▸ Exercise objective: In the records below, find the line holding "repository bf164570bc41b16f" and the line holding "-- text the". Set down both, with every line between them, exactly.

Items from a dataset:
========
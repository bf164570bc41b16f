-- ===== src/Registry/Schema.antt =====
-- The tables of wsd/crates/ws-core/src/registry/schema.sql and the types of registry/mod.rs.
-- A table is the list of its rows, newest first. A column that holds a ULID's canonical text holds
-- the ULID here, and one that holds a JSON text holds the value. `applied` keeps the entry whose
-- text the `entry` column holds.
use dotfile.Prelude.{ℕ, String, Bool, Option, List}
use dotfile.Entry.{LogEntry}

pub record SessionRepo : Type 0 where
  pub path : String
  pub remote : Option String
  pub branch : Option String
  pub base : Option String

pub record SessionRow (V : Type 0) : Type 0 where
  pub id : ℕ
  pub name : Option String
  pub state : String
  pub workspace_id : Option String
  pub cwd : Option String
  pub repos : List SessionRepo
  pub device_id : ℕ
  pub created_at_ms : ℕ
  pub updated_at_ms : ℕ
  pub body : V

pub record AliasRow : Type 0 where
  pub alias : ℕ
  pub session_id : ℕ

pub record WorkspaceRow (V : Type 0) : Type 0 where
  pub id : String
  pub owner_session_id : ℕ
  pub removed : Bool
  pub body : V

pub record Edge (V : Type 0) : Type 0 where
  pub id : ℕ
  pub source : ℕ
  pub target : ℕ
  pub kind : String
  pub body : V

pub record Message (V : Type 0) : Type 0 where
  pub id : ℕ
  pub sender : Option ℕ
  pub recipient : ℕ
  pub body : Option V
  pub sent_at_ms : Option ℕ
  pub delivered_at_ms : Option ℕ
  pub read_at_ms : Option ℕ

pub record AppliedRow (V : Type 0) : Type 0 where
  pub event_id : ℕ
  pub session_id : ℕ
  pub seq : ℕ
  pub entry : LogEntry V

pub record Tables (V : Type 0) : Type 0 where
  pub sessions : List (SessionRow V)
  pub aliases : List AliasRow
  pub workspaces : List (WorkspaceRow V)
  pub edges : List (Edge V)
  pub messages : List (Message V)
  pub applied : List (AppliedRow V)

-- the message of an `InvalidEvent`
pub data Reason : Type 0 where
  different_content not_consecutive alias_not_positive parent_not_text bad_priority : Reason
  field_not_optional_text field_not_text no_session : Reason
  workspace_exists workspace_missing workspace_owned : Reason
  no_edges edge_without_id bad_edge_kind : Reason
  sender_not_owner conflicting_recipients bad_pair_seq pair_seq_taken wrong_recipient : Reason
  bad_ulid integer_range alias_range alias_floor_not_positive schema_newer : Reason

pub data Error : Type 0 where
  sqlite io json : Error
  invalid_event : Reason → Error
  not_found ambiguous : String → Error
========
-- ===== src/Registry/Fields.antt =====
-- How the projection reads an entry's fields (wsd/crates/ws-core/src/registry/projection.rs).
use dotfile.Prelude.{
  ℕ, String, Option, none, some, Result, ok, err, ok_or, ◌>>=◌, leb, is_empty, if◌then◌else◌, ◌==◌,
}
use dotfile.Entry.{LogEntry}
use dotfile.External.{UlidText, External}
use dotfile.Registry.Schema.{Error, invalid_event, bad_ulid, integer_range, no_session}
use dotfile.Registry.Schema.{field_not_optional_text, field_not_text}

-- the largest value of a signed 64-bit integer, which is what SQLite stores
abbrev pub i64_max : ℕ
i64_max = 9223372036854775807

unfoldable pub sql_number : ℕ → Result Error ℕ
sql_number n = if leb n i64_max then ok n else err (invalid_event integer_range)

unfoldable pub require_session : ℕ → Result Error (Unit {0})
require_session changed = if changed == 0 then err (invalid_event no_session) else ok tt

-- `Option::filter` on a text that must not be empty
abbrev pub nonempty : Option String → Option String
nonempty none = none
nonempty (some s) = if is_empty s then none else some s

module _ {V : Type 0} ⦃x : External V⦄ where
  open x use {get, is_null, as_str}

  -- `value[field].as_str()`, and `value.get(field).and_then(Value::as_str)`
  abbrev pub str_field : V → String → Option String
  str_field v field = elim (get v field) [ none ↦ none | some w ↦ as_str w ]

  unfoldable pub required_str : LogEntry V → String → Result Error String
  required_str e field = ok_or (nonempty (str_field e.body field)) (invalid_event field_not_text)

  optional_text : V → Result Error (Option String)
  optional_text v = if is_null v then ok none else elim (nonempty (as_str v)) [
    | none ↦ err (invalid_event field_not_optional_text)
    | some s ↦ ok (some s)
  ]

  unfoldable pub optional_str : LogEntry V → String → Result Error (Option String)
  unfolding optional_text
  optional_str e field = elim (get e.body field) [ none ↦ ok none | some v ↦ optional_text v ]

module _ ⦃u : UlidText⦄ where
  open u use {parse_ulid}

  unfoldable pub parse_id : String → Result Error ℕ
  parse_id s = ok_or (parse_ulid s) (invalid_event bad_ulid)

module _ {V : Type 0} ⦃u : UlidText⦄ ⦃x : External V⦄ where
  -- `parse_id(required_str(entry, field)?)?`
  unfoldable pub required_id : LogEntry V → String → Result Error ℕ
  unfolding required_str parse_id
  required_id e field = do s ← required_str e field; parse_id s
========
▸ Solution for this exercise:
repository bf164570bc41b16f
-- ===== src/Registry/Schema.antt =====
-- The tables of wsd/crates/ws-core/src/registry/schema.sql and the types of registry/mod.rs.
-- A table is the list of its rows, newest first. A column that holds a ULID's canonical text holds
-- the ULID here, and one that holds a JSON text holds the value. `applied` keeps the entry whose
-- text the `entry` column holds.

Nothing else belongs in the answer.